Pezzottaite, marketed under the name raspberyl or raspberry beryl, is a mineral species first recognized by the International Mineralogical Association in September 2003. Pezzottaite is a caesium analogue of beryl, a silicate of caesium, beryllium, lithium and aluminium, with the chemical formula Cs(Be_{2}Li)Al_{2}Si_{6}O_{18}. Named after Italian geologist and mineralogist Federico Pezzotta, pezzottaite was first thought to be either red beryl or a new variety of beryl ("caesium beryl"); unlike actual beryl, however, pezzottaite contains lithium and crystallizes in the trigonal crystal system rather than the hexagonal system.

== Appearance ==
Colors include shades of raspberry red to orange-red and pink. Recovered from miarolitic cavities in the granitic pegmatite fields of Fianarantsoa province, southern Madagascar, the pezzottaite crystals were small—no more than about 7 cm in their widest dimension—and tabular or equant in habit, and few in number, most being heavily included with growth tubes and liquid feathers. Approximately 10 percent of the rough material would also exhibit chatoyancy when polished. Most cut pezzottaite gems are under one carat (200 mg) in weight and rarely exceed two carats (400 mg).
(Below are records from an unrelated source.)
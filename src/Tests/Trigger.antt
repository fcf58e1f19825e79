-- ===== src/Tests/Trigger.antt =====
-- The limiter and the handler on a trigger with both limits.
use flokoa.Common.{
  ◌*◌, ◌≤◌, ◌<◌, ◌≡◌, refl, ◌↔◌, [], ◌∷◌, length, true, some, none, pos, Text, codes, Avoids, arith,
  to_int32, ◌==◌,
}
use flokoa.Trigger.Spec.{AgentTriggerSpec, validate_spec}
use flokoa.Trigger.Spec.Valid.{IsValid, validate_spec-none_iff}
use flokoa.Trigger.Config.{LimitsConfig, TriggerConfig}
use flokoa.Trigger.Limiter.{
  TriggerLimiter, new_trigger_limiter, allowed, check, task_completed, recent, hour,
}
use flokoa.Trigger.Limiter.Reached.{Reached, new, allows, completes}
use flokoa.Trigger.Limiter.Bounds.{HasLimits, Reached-bounds, check-allowed_iff}
use flokoa.Trigger.Handler.{serve_http, Request, Services, load_trigger_config}
use flokoa.Trigger.Handler.Exhausted.{IsLimited, answered, serve_http-exhausted}

abbrev name : Text
name = codes "nightly"

abbrev ns : Text
ns = codes "agents"

abbrev limits : LimitsConfig
limits = record {
  max_invocations_per_hour = some (pos 2);
  max_concurrent_tasks = some (pos 1);
  token_budget_per_event = none;
  token_budget_per_hour = none;
}

abbrev config : TriggerConfig
config = record {
  agent_endpoint = codes "http://summary.agents";
  session_key_from = [];
  push_notification_config = none;
  limits = some limits;
  metadata = [];
}

has_limits : HasLimits limits 2 1
has_limits = record {
  hourly = refl;
  concurrent = refl;
  hourly_range = omega arith;
  concurrent_range = omega arith;
}

-- One invocation, whose task has run.
abbrev after_one : TriggerLimiter
after_one = task_completed (check new_trigger_limiter 5 name ns (some limits)).1 name ns

reached : Reached name ns limits after_one (5 ∷ []) 0 5
unfolding check to_int32
reached = completes (allows 5 new (omega arith) refl)

Reached-bounds_example : (length (recent 5 (5 ∷ [])) ≤ 2) × (0 ≤ 1)
Reached-bounds_example = Reached-bounds name ns limits 2 1 after_one (5 ∷ []) 0 5 has_limits reached

check-allowed_iff_example :
    ((check after_one 9 name ns (some limits)).0 ≡ allowed)
    ↔ ((length (recent 9 (5 ∷ [])) < 2) × (0 < 1))
check-allowed_iff_example =
    check-allowed_iff name ns limits 2 1 after_one (5 ∷ []) 0 5 9 has_limits reached (omega arith)

abbrev services : Services
services = record {
  is_payload = λ text. true;
  config_map = λ ns name. some ((codes "config.json", []) ∷ []);
  parse_config = λ text. some config;
}

abbrev invoke : Request
invoke = record { method = codes "POST"; namespace = ns; name = name; body = some (codes "{}") }

limited : IsLimited services name ns config limits 1
unfolding load_trigger_config ◌==◌
limited = record { loads = refl; limited = refl; concurrent = refl; concurrent_range = omega arith }

plain : Avoids b'/' ns
plain = ground arith

serve_http-exhausted_example :
    answered services name ns new_trigger_limiter ((5, invoke) ∷ (4 * hour, invoke) ∷ []) ≤ 1
serve_http-exhausted_example =
    serve_http-exhausted services name ns config limits 1 ((5, invoke) ∷ (4 * hour, invoke) ∷ [])
      limited plain (plain, (plain, tt))

-- The second request is turned away four hours later.
answered_once :
    answered services name ns new_trigger_limiter ((5, invoke) ∷ (4 * hour, invoke) ∷ []) ≡ 1
unfolding answered serve_http ◌==◌ to_int32
answered_once = refl

abbrev trigger_spec : AgentTriggerSpec
trigger_spec = record {
  event_source = record { name = codes "webhook"; event_name = codes "created" };
  agent_name = codes "helper";
  push_notification = some (record { agent_ref = none; url = codes "http://sink" });
  filter = some (record {
    data_filters = record { path = codes "body"; values = codes "x" ∷ [] } ∷ [];
    exprs = [];
  });
}

validate_spec-none_iff_example : IsValid trigger_spec
unfolding validate_spec
validate_spec-none_iff_example = (validate_spec-none_iff trigger_spec).0 refl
== Physical and optical properties ==
With the exception of hardness (8 on Mohs scale), the physical and optical properties of pezzottaite—i.e., specific gravity 3.10 (average), refractive index 1.601 to 1.620, birefringence 0.008 to 0.011 (uniaxial negative)—are all higher than typical beryl. Pezzottiate is brittle with a conchoidal to irregular fracture, and streaks white. Like beryl, it has an imperfect to fair basal cleavage. Pleochroism is moderate, from pink-orange or purplish pink to pinkish purple. Pezzottaite's absorption spectrum, as seen by a hand-held (direct vision) spectroscope, features a band at 485-500 nm with some specimens showing additional weak lines at 465 and 477 nm and a weak band at 550 to 580 nm.

== Deposits ==
The mineral was recovered from granitic pegmatite fields of Fianarantsoa province, southern Madagascar. Most (if not all) of the Madagascan deposits have since been exhausted. Pezzottaite has been found in at least one other locality, Afghanistan: this material was first thought to be caesium-rich morganite (pink beryl). Like morganite and red beryl, pezzottaite is believed to owe its color to radiation-induced color centres involving trivalent manganese. Pezzottaite will lose its color if heated to 450 °C for two hours, but the color can be restored with gamma irradiation.